AIDrivingHelper: On-Device RAG Coaching for Driving Apps

This project is an independent proof-of-concept built for learning purposes using synthetic/demo data. It is not affiliated with or based on any proprietary systems or data.

What this is

This is an add-on coaching layer, not a standalone trip tracking app.

Apps like DriveKit (DriveQuant), Zendrive, eDriving Mentor, and Cambridge Mobile Telematics already record every trip and collect driving events: speeding, hard braking, phone usage, rapid acceleration. They have the data. What they often lack is a natural-language interface that lets the driver actually have a conversation about their behavior.

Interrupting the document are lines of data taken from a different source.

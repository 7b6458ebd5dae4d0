-- ===== src/SampleQueue/Admission.antt =====
-- The decisions of `submit_sample` in nano_rl/runtime/sample_queue.py.
use nano_rl.Prelude.{
  ℕ, ◌+◌, ◌≤◌, ◌<◌, ◌≡◌, ◌↔◌, refl, true, false, Option, some, arith, length, suc, leb, if_rule,
  if◌then◌else◌,
}
use nano_rl.Prelude.Equality.{string_eq, contains, add, contains-add}
use nano_rl.Prelude.Dict.{lookup, has, insert, lookup-insert_self, length-insert}
use nano_rl.Protocols.{SampleRecord, oldest_behavior_policy_version}
use nano_rl.SampleQueue.{
  SampleQueue, QueueDecision, accepted, duplicate, dropped_ttl, dropped_policy_lag,
  dropped_high_watermark, submit_sample, expiry, depth, ref_of, lags,
}

-- The conditions under which a record is let in, as the queue's parameters state them.
pub record IsWelcome (r : SampleRecord) (version now : ℕ) (q : SampleQueue) : Type 0 where
  pub is_new : contains r.sample_id q.seen ≡ false
  pub in_time : now < expiry q r
  pub recent : version ≤ q.max_policy_lag + oldest_behavior_policy_version r
  pub has_room : depth q < q.queue_high_watermark

-- Exactly the records that are new, in time, recent enough and for which there is room are accepted.
pub accepted_iff :
    (r : SampleRecord) (version : ℕ) (object_ref : Option ℕ) (now : ℕ) (q : SampleQueue)
    → ((submit_sample r version object_ref now q).0 ≡ accepted) ↔ IsWelcome r version now q
unfolding submit_sample
accepted_iff r version object_ref now q = (
  λ h. record {
    is_new = ground arith;
    in_time = ground arith;
    recent = ground arith;
    has_room = ground arith;
  },
  λ w. ground (arith, w.is_new, w.in_time, w.recent, w.has_room),
)

-- What a decision leaves behind.
abbrev pub Effect : SampleRecord → Option ℕ → SampleQueue → QueueDecision × SampleQueue → Type 0
Effect r object_ref q (duplicate, s) = (s ≡ q) × (contains r.sample_id q.seen ≡ true)
Effect r object_ref q (accepted, s) =
    (lookup r.sample_id s.pending ≡ some (ref_of q r object_ref))
    × (s.dropped ≡ q.dropped)
    × (contains r.sample_id s.seen ≡ true)
    × (length s.pending ≤ suc (length q.pending))
    × (depth s ≤ s.queue_high_watermark)
Effect r object_ref q (dropped_ttl, s) =
    (s.pending ≡ q.pending)
    × (lookup r.sample_id s.dropped ≡ some "ttl")
    × (contains r.sample_id s.seen ≡ true)
Effect r object_ref q (dropped_policy_lag, s) =
    (s.pending ≡ q.pending)
    × (lookup r.sample_id s.dropped ≡ some "policy_lag")
    × (contains r.sample_id s.seen ≡ true)
Effect r object_ref q (dropped_high_watermark, s) =
    (s.pending ≡ q.pending)
    × (lookup r.sample_id s.dropped ≡ some "queue_high_watermark")
    × (contains r.sample_id s.seen ≡ true)

-- `submit_sample`, by its decision. Accepted: the sample's reference is pending, nothing else is
-- dropped, at most one entry is added and the high watermark is kept. Dropped: the pending samples
-- are as before and the reason is noted. Either way the id counts as seen. A duplicate was seen
-- before and changes nothing.
pub submit-Effect :
    (r : SampleRecord) (version : ℕ) (object_ref : Option ℕ) (now : ℕ) (q : SampleQueue)
    → Effect r object_ref q (submit_sample r version object_ref now q)
unfolding submit_sample
submit-Effect r version object_ref now q =
    if_rule P (contains r.sample_id q.seen) _ _ (λ old. (refl, old))
      λ new.
        if_rule P (leb (expiry q r) now) _ _
          (λ _. (refl, lookup-insert_self r.sample_id "ttl" q.dropped, now_seen))
          λ _.
            if_rule P (lags q version (oldest_behavior_policy_version r)) _ _
              (λ _. (refl, lookup-insert_self r.sample_id "policy_lag" q.dropped, now_seen))
              λ _.
                if_rule P (leb q.queue_high_watermark (depth q)) _ _
                  (λ _. (
                    refl,
                    lookup-insert_self r.sample_id "queue_high_watermark" q.dropped,
                    now_seen,
                  ))
                  λ room. (
                    lookup-insert_self r.sample_id (ref_of q r object_ref) q.pending,
                    refl,
                    now_seen,
                    ground (arith, grown),
                    ground (arith, grown),
                  )
  where
    P : QueueDecision × SampleQueue → Type 0
    P = Effect r object_ref q

    now_seen : contains r.sample_id (add r.sample_id q.seen) ≡ true
    now_seen = ground (
      arith,
      contains-add r.sample_id r.sample_id q.seen,
      string_eq.test_iff r.sample_id r.sample_id,
    )

    grown :
        length (insert r.sample_id (ref_of q r object_ref) q.pending)
        ≡ (if has r.sample_id q.pending then length q.pending else suc (length q.pending))
    grown = length-insert r.sample_id (ref_of q r object_ref) q.pending
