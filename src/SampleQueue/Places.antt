-- ===== src/SampleQueue/Places.antt =====
-- Where a sample of nano_rl/runtime/sample_queue.py is: pending, in a reserved batch, acked or dropped.
use nano_rl.Prelude.{ℕ, ◌+◌, String, ◌≡◌, true, false, some, map, arith, one}
use nano_rl.Prelude.Equality.{string_eq, contains, add, contains-add, count}
use nano_rl.Prelude.Dict.{
  Dict, lookup, has, insert, Distinct, lookup-insert, lookup-erase, has-insert, has-erase,
  insert-Distinct, erase-Distinct, lookup-nil, total,
}
use nano_rl.Protocols.{SampleRef, TrainBatch}
use nano_rl.SampleQueue.{SampleQueue, create, id_of, drop, discard}

-- How often a sample stands in the batches.
abbrev pub in_batch : String → TrainBatch → ℕ
in_batch s batch = count s batch.sample_ids

abbrev pub reserved_count : String → Dict String TrainBatch → ℕ
reserved_count s d = total (in_batch s) d

-- In how many places a sample is.
abbrev pub places : String → SampleQueue → ℕ
places s q =
    one (has s q.pending)
    + reserved_count s q.reserved
    + one (contains s q.acked)
    + one (has s q.dropped)

-- Every sample that was seen is in exactly one place, and no other is in any.
pub record IsConsistent (q : SampleQueue) : Type 0 where
  pub once : (s : String) → places s q ≡ one (contains s q.seen)
  pub keyed : (s : String) (ref : SampleRef) → lookup s q.pending ≡ some ref → ref.sample_id ≡ s
  pub listed :
      (id : String) (batch : TrainBatch)
      → lookup id q.reserved ≡ some batch
      → batch.sample_ids ≡ map id_of batch.sample_refs
  pub pending_distinct : Distinct q.pending
  pub reserved_distinct : Distinct q.reserved

pub create-IsConsistent : (lag ttl mark : ℕ) → IsConsistent (create lag ttl mark)
unfolding create total
create-IsConsistent lag ttl mark = record {
  once = λ s. ground (arith, lookup-nil {V = SampleRef} s, lookup-nil {V = String} s);
  keyed = λ s ref h. absurd (ground (arith, lookup-nil {V = SampleRef} s));
  listed = λ id batch h. absurd (ground (arith, lookup-nil {V = TrainBatch} id));
  pending_distinct = tt;
  reserved_distinct = tt;
}

-- A sample that was never seen may be dropped.
pub drop-IsConsistent :
    (id reason : String) (q : SampleQueue)
    → contains id q.seen ≡ false
    → IsConsistent q
    → IsConsistent (drop id reason q)
drop-IsConsistent id reason q new v = record {
  once = λ s. ground (
    arith,
    v.once s,
    has-insert s id reason q.dropped,
    contains-add s id q.seen,
    string_eq.test_iff id s,
  );
  keyed = v.keyed;
  listed = v.listed;
  pending_distinct = v.pending_distinct;
  reserved_distinct = v.reserved_distinct;
}

-- A pending sample may be dropped.
pub discard-IsConsistent :
    (id reason : String) (q : SampleQueue)
    → has id q.pending ≡ true
    → IsConsistent q
    → IsConsistent (discard id reason q)
discard-IsConsistent id reason q old v = record {
  once = λ s. ground (
    arith,
    v.once s,
    has-insert s id reason q.dropped,
    contains-add s id q.seen,
    has-erase s id q.pending,
    string_eq.test_iff id s,
  );
  keyed = λ s ref h. v.keyed s ref (ground (arith, lookup-erase s id q.pending));
  listed = v.listed;
  pending_distinct = erase-Distinct id q.pending v.pending_distinct;
  reserved_distinct = v.reserved_distinct;
}

-- A sample that was never seen may become pending under its id.
pub admit-IsConsistent :
    (ref : SampleRef) (q : SampleQueue)
    → contains ref.sample_id q.seen ≡ false
    → IsConsistent q
    → IsConsistent
        (record q { pending = insert ref.sample_id ref q.pending; seen = add ref.sample_id q.seen })
admit-IsConsistent ref q new v = record {
  once = λ s. ground (
    arith,
    v.once s,
    has-insert s ref.sample_id ref q.pending,
    contains-add s ref.sample_id q.seen,
    string_eq.test_iff ref.sample_id s,
  );
  keyed = λ s other h. ground (
    arith,
    v.keyed s other,
    lookup-insert s ref.sample_id ref q.pending,
    string_eq.test_iff ref.sample_id s,
  );
  listed = v.listed;
  pending_distinct = insert-Distinct ref.sample_id ref q.pending v.pending_distinct;
  reserved_distinct = v.reserved_distinct;
}
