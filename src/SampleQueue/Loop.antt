-- ===== src/SampleQueue/Loop.antt =====
-- The invariant rule of the selection loop in `reserve_train_batch` of nano_rl/runtime/sample_queue.py.
use nano_rl.Prelude.{ℕ, ◌+◌, String, ◌≡◌, refl, ◌⊎◌, inl, inr, List, [], ◌∷◌, ◌++◌}
use nano_rl.Prelude.Dict.{Dict}
use nano_rl.Protocols.{SampleRef}
use nano_rl.SampleQueue.{SampleQueue, Request, Verdict, expire, stop, take, judge, select, discard}

abbrev pub Family : Type 1
Family = Dict String SampleRef → SampleQueue → List SampleRef → ℕ → Type 0

-- The verdicts that throw an entry away.
abbrev pub Discards : Verdict → Type 0
Discards d = (d ≡ expire) ⊎ (d ≡ Verdict.lag)

-- One round, whatever its verdict, keeps the family.
pub record KeepsRound (a : Request) (P : Family) : Type 0 where
  pub on_discard :
      (reason k : String) (ref : SampleRef) (rest : Dict String SampleRef) (q : SampleQueue)
      (selected : List SampleRef) (tokens : ℕ)
      → Discards (judge a q selected tokens ref)
      → P ((k, ref) ∷ rest) q selected tokens
      → P rest (discard k reason q) selected tokens
  pub on_stop :
      (k : String) (ref : SampleRef) (rest : Dict String SampleRef) (q : SampleQueue)
      (selected : List SampleRef) (tokens : ℕ)
      → judge a q selected tokens ref ≡ stop
      → P ((k, ref) ∷ rest) q selected tokens
      → P [] q selected tokens
  pub on_take :
      (k : String) (ref : SampleRef) (rest : Dict String SampleRef) (q : SampleQueue)
      (selected : List SampleRef) (tokens : ℕ)
      → judge a q selected tokens ref ≡ take
      → P ((k, ref) ∷ rest) q selected tokens
      → P rest q (selected ++ (ref ∷ [])) (tokens + ref.num_tokens)

-- The family holds at the end of the loop, with some final count of tokens.
abbrev pub AtEnd : Family → SampleQueue × List SampleRef → Type 0
AtEnd P (q, selected) = (tokens : ℕ) × P [] q selected tokens

module _ (a : Request) (P : Family) (keeps : KeepsRound a P) where
  pub select_rule :
      (rest : Dict String SampleRef) (q : SampleQueue) (selected : List SampleRef) (tokens : ℕ)
      → P rest q selected tokens
      → AtEnd P (select a rest q selected tokens)
  unfolding select
  select_rule [] q selected tokens h = (tokens, h)
  select_rule ((k, ref) ∷ rest) q selected tokens h =
      go (judge a q selected tokens ref) refl (λ q' s' t'. select_rule rest q' s' t')
    where
      go :
          (d : Verdict)
          → judge a q selected tokens ref ≡ d
          → ((q' : SampleQueue) (s' : List SampleRef) (t' : ℕ)
              → P rest q' s' t'
              → AtEnd P (select a rest q' s' t'))
          → AtEnd P (select a ((k, ref) ∷ rest) q selected tokens)
      go expire e ih =
          rw (e, select) (ih _ _ _ (keeps.on_discard "ttl" k ref rest q selected tokens (inl e) h))
      go Verdict.lag e ih =
          rw (e, select)
            (ih _ _ _ (keeps.on_discard "policy_lag" k ref rest q selected tokens (inr e) h))
      go stop e ih = rw (e, select) (tokens, keeps.on_stop k ref rest q selected tokens e h)
      go take e ih = rw (e, select) (ih _ _ _ (keeps.on_take k ref rest q selected tokens e h))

That is what this module adds. Once the host app has trip data, this layer lets the driver ask questions like "Was I speeding more at night?" or "How was my braking this week?" and get back a real, context-aware coaching response grounded in their actual trips.

What it does

The entire pipeline runs on-device. Semantic search over stored trips, retrieval of the most relevant ones, inference via a local LLM, and voice output. No cloud. No trip data ever leaves the phone.

Architecture

User voice query (SpeechRecognizer)
        ↓
GeckoEmbeddingModel (on-device, 768-dim)
        ↓
SqliteVectorStore (semantic search over stored trips)
        ↓
Top-4 most relevant trips retrieved
        ↓
Gemma 3 1B IT (on-device LLM) + retrieved context
        ↓
Coaching response (text + TTS output)

MVVM:

LLMViewModel manages LLM state and trip insertion
LLMInferenceChain sets up the full RAG chain (embedder, vector store, LLM)
TripEntity / TripDao handle Room persistence
RAGChatUI is the Compose chat interface with voice input

Tech Stack

| Layer | Technology | |---|---| | Language | Kotlin | | UI | Jetpack Compose + Material 3 | | On-device LLM | MediaPipe tasks-genai 0.10.23 (Gemma 3 1B IT int4) | | RAG Framework | Google AI Edge local-agents 0.2.0 | | Embeddings | GeckoEmbeddingModel (768-dim, on-device) | | Vector Store | SqliteVectorStore (local semantic search) | | Database | Room 2.6.1 | | Voice I/O | Android SpeechRecognizer + TextToSpeech API | | Async | Kotlin Coroutines + Guava bridge |

RAG Setup

GeckoEmbeddingModel (768-dim semantic embeddings)
    +
SqliteVectorStore (persistent vector DB, on-device)
    +
DefaultSemanticTextMemory
    ↓
RetrievalAndInferenceChain (top-k=4, question-answering task)
    ↓
MediaPipeLlmBackend (Gemma 3 1B IT, CPU)

Retrieval config is top-k=4. The 4 most semantically similar trips are retrieved and injected as context before inference. This keeps the context window focused and prevents the model from hallucinating about trips it was not given.

Prompt Engineering

The system prompt instructs the model to:

Act as a driving coach
Use second-person language ("you were speeding", not "the driver was speeding")
Only reference information from the retrieved trips, not general knowledge
Not guess or fill in gaps

Temperature: 1.0 / Top-P: 0.95 / Top-K: 64

Demo Trip Data

7 synthetic trips are pre-loaded to show the system working out of the box:

Speeding events on highway and in residential areas
Phone usage events
Sudden braking events
Hard acceleration events

Each trip is embedded and stored in SqliteVectorStore on first run.

Voice Interaction

Input: Android SpeechRecognizer via microphone button in the chat UI
Output: Android TextToSpeech API reads the coaching response aloud
Flow: Speak, recognize, embed query, retrieve trips, run LLM, speak response

What I Learned

RAG on Android is completely practical. The Google AI Edge local-agents library handles the hardest parts: embedding, vector search, chain orchestration. It is more capable than I expected for a mobile SDK.
Semantic search beats keyword search. Gecko embeddings surface contextually relevant trips even when the driver's phrasing does not match stored data word for word.
The Guava-Coroutines bridge is the one tricky dependency. kotlinx-coroutines-guava is needed because local-agents uses ListenableFuture internally. Miss this and nothing compiles.
Voice and RAG are a natural pair. Spoken queries are vague and conversational. That is exactly the kind of input where semantic retrieval is strongest.